# PM9 Range Report



## Steve S (Aug 12, 2009)

I purchased 2 PM9's. One for my wife and one for me. My wife's performed flawlessly from the first round.
Mine had continuous FTF problems on every box of ammo I put through it. Well after I reached 600 rounds the problem stopped. I put 200 rounds through this weekend. I used all different brands of ammo and no failures. My last box was 50 rounds of the defense ammo I use and again no issues. What a relief.
I guess some guns require a longer break-in period.


----------



## Glenn-SC (Sep 6, 2009)

I just took my new P9 to the range for the first time today.
My worked flawlessly.

A total of 159 rounds with 34 of those being JHP.

Everything fed, fired, and extracted perfectly.

I was looking for a small but not too small, light but not too light, easy to shoot, 9mm pistol.
I guess I found it.


----------



## James NM (Jan 4, 2007)

Steve S said:


> ...
> I guess some guns require a longer break-in period.


You are correct. The Kahr polymers are known for needing a break-in period.


----------



## Glenn-SC (Sep 6, 2009)

Mine required none.


----------



## Hollander (Feb 2, 2009)

Three FTE's in first 50 rounds, then perfection. Now about 350 through it. Love it. It does like to be well lubed. I personally use Mobil One synthetic ao all the guns and they seem to love it.


----------



## YFZsandrider (Feb 28, 2009)

Glenn-SC said:


> ....I was looking for a small but not too small, light but not too light, easy to shoot, 9mm pistol.
> I guess I found it.


+1!!:smt023:smt023

And I'll add to this by saying that I will propably never be able to part with my P9. When I'm sitting at home, and decide to run out for a minute... its the go to gun! So slim and light, it conceals effortlessly. Yet its large framed enough to be a very controllable and accurate pistol. It's gotta be the best conceal carry 9mm, *ounce for ounce*. Sure, I shoot all of my pistols a little better than my Kahr, but at less than 16 ounces, it weighs half of the lightest of them. It won't replace my 1911 or p228 for EDC, but when I have to have something unnoticeable, its definitely the Kahr.

Spend a few minutes with it at the range, and you wouldn't guess that you could make that small DAO poly 9mm shoot the way it does!


----------



## border bandit32 (Aug 8, 2009)

My PM9 ran fine right out of the box..... 330 rounds so far with no prblems at all!


----------



## recoilguy (Apr 30, 2009)

Its a good thing you didn't just cash it in riight away because someone else would have had a great gun and you would have had a bad taste concerning Kahrs. I love my Kahr carry it every day. It is the one gun I handle every single day. I have a lot of shot through it too.
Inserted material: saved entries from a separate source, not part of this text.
-- ===== src/Core/Piece/Invariant.antt =====
-- What holds of a piece from its construction on, whatever calls are made.
use simple_torrent_client.Common.{
  false, some, ℕ, zero, suc, ◌+◌, ◌-◌, min, List, [], ◌∷◌, ◌≡◌, ◌≢◌, inl, inr, refl, arith, length,
  u64, ok, both_return, ok-injective, Result-cases, ℕ_discrete, All,
}
use simple_torrent_client.ByteTools.{Bytes}
use simple_torrent_client.Core.Piece.{
  all_retrieved, all_blocks_retrieved, block_size, Status, missing, pending, retrieved, Block,
  Piece, block_loop, make, take_missing, get_first_missing_block, save_in, save_block, reset,
}
use simple_torrent_client.Core.Piece.Layout.{Tiles, block_loop-Tiles, clear_blocks-block_loop}

-- A block holds data only once it is retrieved.
abbrev pub CleanAs : Status → Bytes → Type 0
CleanAs retrieved bytes = Unit {0}
CleanAs missing bytes = bytes ≡ []
CleanAs pending bytes = bytes ≡ []

abbrev pub IsClean : Block → Type 0
IsClean b = CleanAs b.status b.bytes

-- The bytes that the blocks hold.
abbrev pub held_bytes : List Block → ℕ
held_bytes [] = 0
held_bytes (b ∷ bs) = length b.bytes + held_bytes bs

pub record IsValid (p : Piece) : Type 0 where
  pub tiles : Tiles p.index 0 p.length p.blocks
  pub clean : All IsClean p.blocks
  pub counted : p.bytes_downloaded ≡ u64 (held_bytes p.blocks)

block_loop-IsClean :
    (fuel index offset size : ℕ)
    → All IsClean (block_loop fuel index offset size)
      × (held_bytes (block_loop fuel index offset size) ≡ 0)
unfolding block_loop
block_loop-IsClean zero index offset size = (tt, refl)
block_loop-IsClean (suc fuel) index offset size =
    ground (arith, block_loop-IsClean fuel index (offset + min block_size (size - offset)) size)

-- The constructor of Piece gives a valid piece: its blocks cover [0, length) in order and without a
-- gap, each 2 ^ 14 bytes long but for the last, none of them holds data, and the counter is 0.
pub make-IsValid : (index size : ℕ) (hash : Bytes) → IsValid (make index size hash)
unfolding make
make-IsValid index size hash = record {
  tiles = block_loop-Tiles size index 0 size (omega arith) (omega arith);
  clean = (block_loop-IsClean size index 0 size).0;
  counted = omega (arith, (block_loop-IsClean size index 0 size).1);
}

take_missing-tiling :
    (bs : List Block) (index offset size : ℕ)
    → Tiles index offset size bs
    → Tiles index offset size (take_missing bs).0
unfolding take_missing
take_missing-tiling [] index offset size t = t
take_missing-tiling (b ∷ bs) index offset size t =
    ground (arith, take_missing-tiling bs index (offset + b.length) size t.4)

take_missing-IsClean :
    (bs : List Block)
    → All IsClean bs
    → All IsClean (take_missing bs).0 × (held_bytes (take_missing bs).0 ≡ held_bytes bs)
unfolding take_missing
take_missing-IsClean [] c = (tt, refl)
take_missing-IsClean (b ∷ bs) c = ground (arith, take_missing-IsClean bs c.1)

-- Marking a block as requested keeps the piece valid.
pub get_first_missing_block-IsValid :
    (p : Piece) → IsValid p → IsValid (get_first_missing_block p).0
unfolding get_first_missing_block
get_first_missing_block-IsValid p v = record {
  tiles = take_missing-tiling p.blocks p.index 0 p.length v.tiles;
  clean = (take_missing-IsClean p.blocks v.clean).0;
  counted = omega (arith, v.counted, (take_missing-IsClean p.blocks v.clean).1);
}

abbrev pub saved : Block → Bytes → Block
saved b d = record b { bytes = d; status = retrieved }

-- A save fills the first block at the offset, which was requested, and leaves the others alone.
pub data Saved (o : ℕ) (d : Bytes) : List Block → List Block → Type 0 where
  here :
      {b : Block} {bs : List Block}
      → b.offset ≡ o
      → b.status ≡ pending
      → Saved o d (b ∷ bs) (saved b d ∷ bs)
  there :
      {b : Block} {bs bs' : List Block}
      → b.offset ≢ o
      → Saved o d bs bs'
      → Saved o d (b ∷ bs) (b ∷ bs')

save_here :
    (o : ℕ) (d : Bytes) (b : Block) (bs bs' : List Block)
    → b.offset ≡ o
    → save_in o d (b ∷ bs) ≡ ok bs'
    → (b.status ≡ pending) × (bs' ≡ saved b d ∷ bs)
unfolding save_in
save_here o d b bs bs' h e = ground arith

save_there :
    (o : ℕ) (d : Bytes) (b : Block) (bs bs' : List Block)
    → b.offset ≢ o
    → save_in o d (b ∷ bs) ≡ ok bs'
    → (rest : List Block) × (save_in o d bs ≡ ok rest) × (bs' ≡ b ∷ rest)
unfolding save_in
save_there o d b bs bs' h e = elim (Result-cases (save_in o d bs)) [
  | inl (rest, r) ↦ (rest, r, ground arith)
  | inr (x, r) ↦ absurd (ground arith)
]

pub save_in-Saved :
    (o : ℕ) (d : Bytes) (bs bs' : List Block) → save_in o d bs ≡ ok bs' → Saved o d bs bs'
unfolding save_in
save_in-Saved o d [] bs' e = cc
save_in-Saved o d (b ∷ bs) bs' e = elim (ℕ_discrete b.offset o) [
  | yes p ↦ let h = save_here o d b bs bs' p (unfold save_in in e) in rw (h.1) (here p h.0)
  | no p ↦ let h = save_there o d b bs bs' p e in rw (h.2) (there p (save_in-Saved o d bs h.0 h.1))
]

Saved-tiling :
    {o : ℕ} {d : Bytes} {bs bs' : List Block}
    → Saved o d bs bs'
    → (index offset size : ℕ) → Tiles index offset size bs
    → Tiles index offset size bs'
Saved-tiling (here p q) index offset size t = t
Saved-tiling (there {b} n s) index offset size t =
    (t.0, t.1, t.2, t.3, Saved-tiling s index (offset + b.length) size t.4)

-- A save adds exactly the bytes saved.
Saved-IsClean :
    {o : ℕ} {d : Bytes} {bs bs' : List Block}
    → Saved o d bs bs'
    → All IsClean bs
    → All IsClean bs' × (held_bytes bs' ≡ held_bytes bs + length d)
Saved-IsClean (here {b} p q) c = ((tt, c.1), ground arith)
Saved-IsClean (there n s) c = let h = Saved-IsClean s c.1 in ((c.0, h.0), omega arith)

take_missing_unfinished :
    (bs : List Block) (b : Block)
    → (take_missing bs).1 ≡ some b
    → all_retrieved (take_missing bs).0 ≡ false
unfolding take_missing all_retrieved
take_missing_unfinished [] b e = cc
take_missing_unfinished (c ∷ bs) b e = ground (arith, take_missing_unfinished bs b)

-- A piece with a block just marked as requested is not complete.
pub get_first_missing_block_unfinished :
    (p : Piece) (b : Block)
    → (get_first_missing_block p).1 ≡ some b
    → all_blocks_retrieved (get_first_missing_block p).0 ≡ false
unfolding get_first_missing_block all_blocks_retrieved
get_first_missing_block_unfinished p b e = take_missing_unfinished p.blocks b e

-- SaveBlock, where it returns, keeps a valid piece valid: its blocks cover it without a gap, blocks
-- that are not retrieved hold no data, and the counter is the number of bytes held, modulo 2 ^ 64.
pub save_block-IsValid :
    (p p' : Piece) (o : ℕ) (d : Bytes) → IsValid p → save_block p o d ≡ ok p' → IsValid p'
unfolding save_block
save_block-IsValid p p' o d v e =
    let h =
      both_return
        (λ bs.
          ok (record p { blocks = bs; bytes_downloaded = u64 (p.bytes_downloaded + length d) }))
        (save_in o d p.blocks) e in
    let s = save_in-Saved o d p.blocks h.0 (h.1).0 in
    rw (← ok-injective (h.1).1) (record {
      tiles = Saved-tiling s p.index 0 p.length v.tiles;
      clean = (Saved-IsClean s v.clean).0;
      counted = omega (arith, v.counted, (Saved-IsClean s v.clean).1);
    })

-- Reset takes a valid piece back to the piece as it was constructed.
pub reset-eq-make : (p : Piece) → IsValid p → reset p ≡ make p.index p.length p.hash
unfolding reset make
reset-eq-make p v = λ i. record {
  index = p.index;
  length = p.length;
  hash = p.hash;
  blocks = clear_blocks-block_loop p.length p.index 0 p.length p.blocks (omega arith) v.tiles i;
  bytes_downloaded = 0;
}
Cant carry a gun you arent fimiliar with.

RCG


----------



## Steve S (Aug 12, 2009)

I think what gave me the patience to work it out was the fact that my wife had one with no issues. The other reason is that I am more accurate with the PM9 than any of my Glocks.


----------



## Yankee Station (Oct 4, 2009)

*Decision*

My favorite gunshop has two Rohrbaugh 9mm's in stock, and I'm in a quandry as to what to do. I own 3 Kahr's, a K9, MK9, and a PM9. The PM 9 is a handfull to shoot, but the Rohrbaugh is 3 oz. lighter, and must be like grabbing onto an electric fence to shoot. I don't think it would conceal any better than the PM9, and has a better track record for problems.


----------



## packinaglock (Aug 31, 2009)

Glenn-SC said:


> Mine required none.


Same here


----------



## packinaglock (Aug 31, 2009)

Hollander said:


> Three FTE's in first 50 rounds, then perfection. Now about 350 through it. Love it. It does like to be well lubed. I personally use Mobil One synthetic ao all the guns and they seem to love it.


I've been hearing a lot of this, I gotta try it.


----------



## wagon (Sep 26, 2009)

I've been using RemOil but I can't tell a different anyway from one with another anyway. I am loaded with M1 0W40 in the garage.. should that work, too, in your opinion? Thanks in advance.



Hollander said:


> I personally use Mobil One synthetic ao all the guns and they seem to love it.


----------